Rereading your own stuff

Life is too short to reread stuff you wrote yourself. Once I’ve completed a novel, I never look at it again.

But the e-book process forces you down this path, if only to check for glitches in the conversion process.  So that’s what I’ve been doing for Summit.  Of course, my main worry was that I’d find myself thinking: How could I have written this crap? Luckily, this didn’t happen. There were sentences I felt like tweaking, but the novel continued to work for me.

What was most interesting about the experience was how much I had forgotten about the novel.  These were characters and events that inhabited my brain for a long time, and now some of what happened seemed totally new to me.  Did I really write that?

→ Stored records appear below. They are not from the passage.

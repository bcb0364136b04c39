-- ===== src/Sim/Rfs/Acquired.antt =====
-- src/sim/simulator_rfs.cpp: how acquire ends, and what it leaves in the registers.
use feed_core.Prelude.{
  ℕ, ◌%◌, ◌^◌, ◌≡◌, ◌≢◌, ◌<◌, ◌≤◌, ◌⊎◌, refl, sym, ap, ◌∙◌, arith, Bool, true, false, List, [], leb,
  ◌==◌, length, get_or, Bool-cases, inl, inr, subst, Bytes,
}
use feed_core.Prelude.Exn.{Result, ok, err, runtime_error}
use feed_core.Sim.Hires.{Regs, storage, store}
use feed_core.Sim.Hires.Filled.{storage-store, storage-store_ne}
use feed_core.Sim.Rfs.{Shell, Wave, slow_words, describe, acquire}
use feed_core.Sim.Rfs.Pairs.{IsSample, Sampled}
use feed_core.Sim.Rfs.Times.{Ranged, IsFilled, times-IsFilled}
use feed_core.Sim.Rfs.Range.{IsRange, IsBefore}
use feed_core.Sim.Rfs.Slow.{IsHeader, slow_words-IsHeader, length-slow_words}

-- The mask and the tag that acquire reads.
abbrev pub chan_keep : Shell → Regs → ℕ
chan_keep sh regs = get_or (storage sh.dsp_chan_keep regs) 0 0 % 2 ^ 12

abbrev pub tag_of : Shell → Regs → ℕ
tag_of sh regs = get_or (storage sh.dsp_tag regs) 0 0 % 2 ^ 16

module _ {Double : Type 0} (i_word q_word : Double → Double → ℕ) (turn : Double → Double)
    (advance : ℕ → Double → Double) (adc : Double → ℕ) (start : Double) (sh : Shell)
    (circle_count : ℕ) (regs : Regs) where
  -- `advance` for the data of the waveform.
  abbrev pub onward : Double → Double
  onward = advance (length (storage sh.circle_data regs))

  -- The registers of a waveform that was acquired: every word of its data is a sample of a kept
  -- channel at one of the times of the loop, the slow data has its header with the range of adc over
  -- these times, 0 to 0 if the data is empty, and no other register changed.
  pub record IsAcquired (written : Regs) : Type 0 where
    pub rounds : ℕ
    pub min : ℕ
    pub max : ℕ
    pub range :
        ((length (storage sh.circle_data regs) ≡ 0) × (min ≡ 0) × (max ≡ 0))
        ⊎ IsRange onward start adc rounds min max
    pub sized : length (storage sh.circle_data written) ≡ length (storage sh.circle_data regs)
    pub samples :
        (k : ℕ)
        → k < length (storage sh.circle_data written)
        → IsSample i_word q_word turn
            (chan_keep sh regs)
            (IsBefore onward start adc rounds)
            (get_or (storage sh.circle_data written) k 0)
    pub header : IsHeader circle_count (tag_of sh regs) min max (storage sh.slow_data written)
    pub slow_sized : length (storage sh.slow_data written) ≡ length (storage sh.slow_data regs)
    pub others :
        (name : Bytes)
        → sh.circle_data ≢ name
        → sh.slow_data ≢ name
        → storage name written ≡ storage name regs

  -- How acquire ends: at once when no channel is kept, with an exception exactly when the slow data is
  -- too small, or with the waveform acquired.
  pub data Outcome : Result Regs → Type 0 where
    idle : chan_keep sh regs ≡ 0 → Outcome (ok regs)
    too_small :
        0 < chan_keep sh regs
        → length (storage sh.slow_data regs) ≤ 42
        → Outcome (err (runtime_error "shell_X_slow_data register size too small" []))
    acquired :
        (written : Regs)
        → 0 < chan_keep sh regs
        → 42 < length (storage sh.slow_data regs)
        → IsAcquired written
        → Outcome (ok written)

  described :
      (w : Wave) (rounds : ℕ)
      → sh.circle_data ≢ sh.slow_data
      → 0 < chan_keep sh regs
      → length w.arr ≤ w.at
      → Sampled i_word q_word turn
          (chan_keep sh regs)
          (IsBefore onward start adc rounds)
          (length (storage sh.circle_data regs))
          (w.at, w.arr)
      → ((length (storage sh.circle_data regs) ≡ 0) × (w.min ≡ 0) × (w.max ≡ 0))
        ⊎ IsRange onward start adc rounds w.min w.max
      → Outcome (describe sh circle_count (tag_of sh regs) regs w)
  unfolding describe
  described w rounds apart p full sampled ranged =
      elim (Bool-cases (leb (length (storage sh.slow_data stored)) 42)) [
        | inl e ↦ rw e (Outcome.too_small p (omega (arith, ap length slow_before, leb→le e)))
        | inr e ↦
            rw e (Outcome.acquired _ p (omega (arith, ap length slow_before, gt e)) (after (gt e)))
      ]
    where
      stored : Regs
      stored = store sh.circle_data w.arr regs

      slow_before : storage sh.slow_data stored ≡ storage sh.slow_data regs
      slow_before = storage-store_ne sh.circle_data sh.slow_data w.arr regs apart

      leb→le :
          leb (length (storage sh.slow_data stored)) 42 ≡ true
          → length (storage sh.slow_data stored) ≤ 42
      leb→le e = ground arith

      gt :
          leb (length (storage sh.slow_data stored)) 42 ≡ false
          → 42 < length (storage sh.slow_data stored)
      gt e = ground arith

      header : List ℕ
      header =
          slow_words (length (storage sh.slow_data stored)) circle_count (tag_of sh regs) w.min
            w.max

      header_sized : length header ≡ length (storage sh.slow_data stored)
      header_sized =
          length-slow_words (length (storage sh.slow_data stored)) circle_count (tag_of sh regs)
            w.min w.max

      written : Regs
      written = store sh.slow_data header stored

      slow_after : storage sh.slow_data written ≡ header
      slow_after = storage-store sh.slow_data header stored header_sized

      data_after : storage sh.circle_data written ≡ w.arr
      data_after =
          storage-store_ne sh.slow_data sh.circle_data header stored (λ e. apart (sym e))
          ∙ storage-store sh.circle_data w.arr regs sampled.0

      after : 42 < length (storage sh.slow_data stored) → IsAcquired written
      after l = record {
        rounds = rounds;
        min = w.min;
        max = w.max;
        range = ranged;
        sized = ap length data_after ∙ sampled.0;
        samples = λ k u.
            let within : k < length w.arr = omega (arith, ap length data_after, u) in
            subst
              (λ b.
                IsSample i_word q_word turn (chan_keep sh regs) (IsBefore onward start adc rounds)
                  (get_or b k 0))
              (sym data_after) (sampled.1 k (omega (arith, within, full)) within);
        header =
            subst (IsHeader circle_count (tag_of sh regs) w.min w.max) (sym slow_after)
              (slow_words-IsHeader _ circle_count (tag_of sh regs) w.min w.max l);
        slow_sized = ap length slow_after ∙ (header_sized ∙ ap length slow_before);
        others = λ name nc ns.
            storage-store_ne sh.slow_data name header stored ns
            ∙ storage-store_ne sh.circle_data name w.arr regs nc;
      }

module _ {Double : Type 0} (i_word q_word : Double → Double → ℕ) (turn : Double → Double)
    (advance : ℕ → Double → Double) (is_start : Double → Bool) (adc : Double → ℕ) (start : Double)
    (sh : Shell) (circle_count : ℕ) (phase : Double) (regs : Regs) where
  -- A call of acquire ends in one of three ways, when the data and the slow data are two registers. If
  -- no channel is kept, it does nothing. If the slow data has at most 42 words, it throws. Otherwise each
  -- word of the data is then the value of a kept channel, I or Q as the bit is odd or even, at one of the
  -- times of the loop. The slow data has, high byte first, the counter in the words 17 and 18 and three
  -- times, from 21, 25 and 29 on, the least and the greatest value that adc, as an epicsInt32, has at
  -- those times (0 and 0, if the data is empty), the tag in 33 and 34, and 0 in the other words. Both
  -- registers have their length, and every other register has its words. Of the floating point
  -- operations it is assumed that the test for the time 0 holds at the start and at no later time, and
  -- that adc is a 32-bit word.
  pub acquire-Outcome :
      is_start start ≡ true
      → ((t : Double) → is_start (advance (length (storage sh.circle_data regs)) t) ≡ false)
      → ((t : Double) → adc t < 2 ^ 32)
      → sh.circle_data ≢ sh.slow_data
      → Outcome i_word q_word turn advance adc start sh circle_count regs
          (acquire i_word q_word turn advance is_start adc start sh circle_count phase regs)
  unfolding acquire Ranged
  acquire-Outcome starts goes_on word apart = elim (Bool-cases (chan_keep sh regs == 0)) [
    | inl e ↦ rw e (Outcome.idle (ground arith))
    | inr e ↦
        let arr = storage sh.circle_data regs in
        let p : 0 < chan_keep sh regs = ground arith in
        let w : Wave = record { at = 0; arr = arr; min = 0; max = 0 } in
        let f =
          times-IsFilled i_word q_word turn advance is_start adc start (chan_keep sh regs)
            (length arr) starts goes_on word (omega arith) p (length arr) 0 phase w (omega arith)
            (refl, λ k l. absurd (omega arith)) (inl (refl, refl, refl, refl)) in
        rw (e, f.ends)
          (described i_word q_word turn advance adc start sh circle_count regs f.done f.rounds apart
            p f.full f.sampled (range_of f))
  ]
    where
      range_of :
          {r : Result Wave}
          → (f : IsFilled i_word q_word turn advance is_start adc start
              (chan_keep sh regs)
              (length (storage sh.circle_data regs))
              r)
          → ((length (storage sh.circle_data regs) ≡ 0) × (f.done.min ≡ 0) × (f.done.max ≡ 0))
            ⊎ IsRange
                (advance (length (storage sh.circle_data regs)))
                start
                adc
                f.rounds
                f.done.min
                f.done.max
      range_of f = elim f.ranged [
        | inl none ↦ inl (omega (arith, f.full, f.sampled.0, none.1), none.2, none.3)
        | inr r ↦ inr r
      ]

As a spy thriller, Summit is legally obligated to have a certain number of plot twists. They have to be prepared for in such a way that they are surprising when they happen, but sufficiently plausible that they don’t seem arbitrary, that the reader doesn’t think the author is just messing with him.  When I reread the novel, the first plot twist took me completely by surprise.  So much so that, when the twist started (somewhat mysteriously, with someone being in a place she wasn’t supposed to be), I thought I had screwed up, so I went back and changed a paragraph a couple of chapters earlier in the novel.   Then I continued reading, and I realized the clever author had tricked his credulous future self.  I should have trusted the author more — now I had to find the paragraph I’d changed and put it back to the way it was supposed to be.

Personalities persist, but memories decay.  I’m the same person that I was back then, but that doesn’t mean I can’t surprise myself.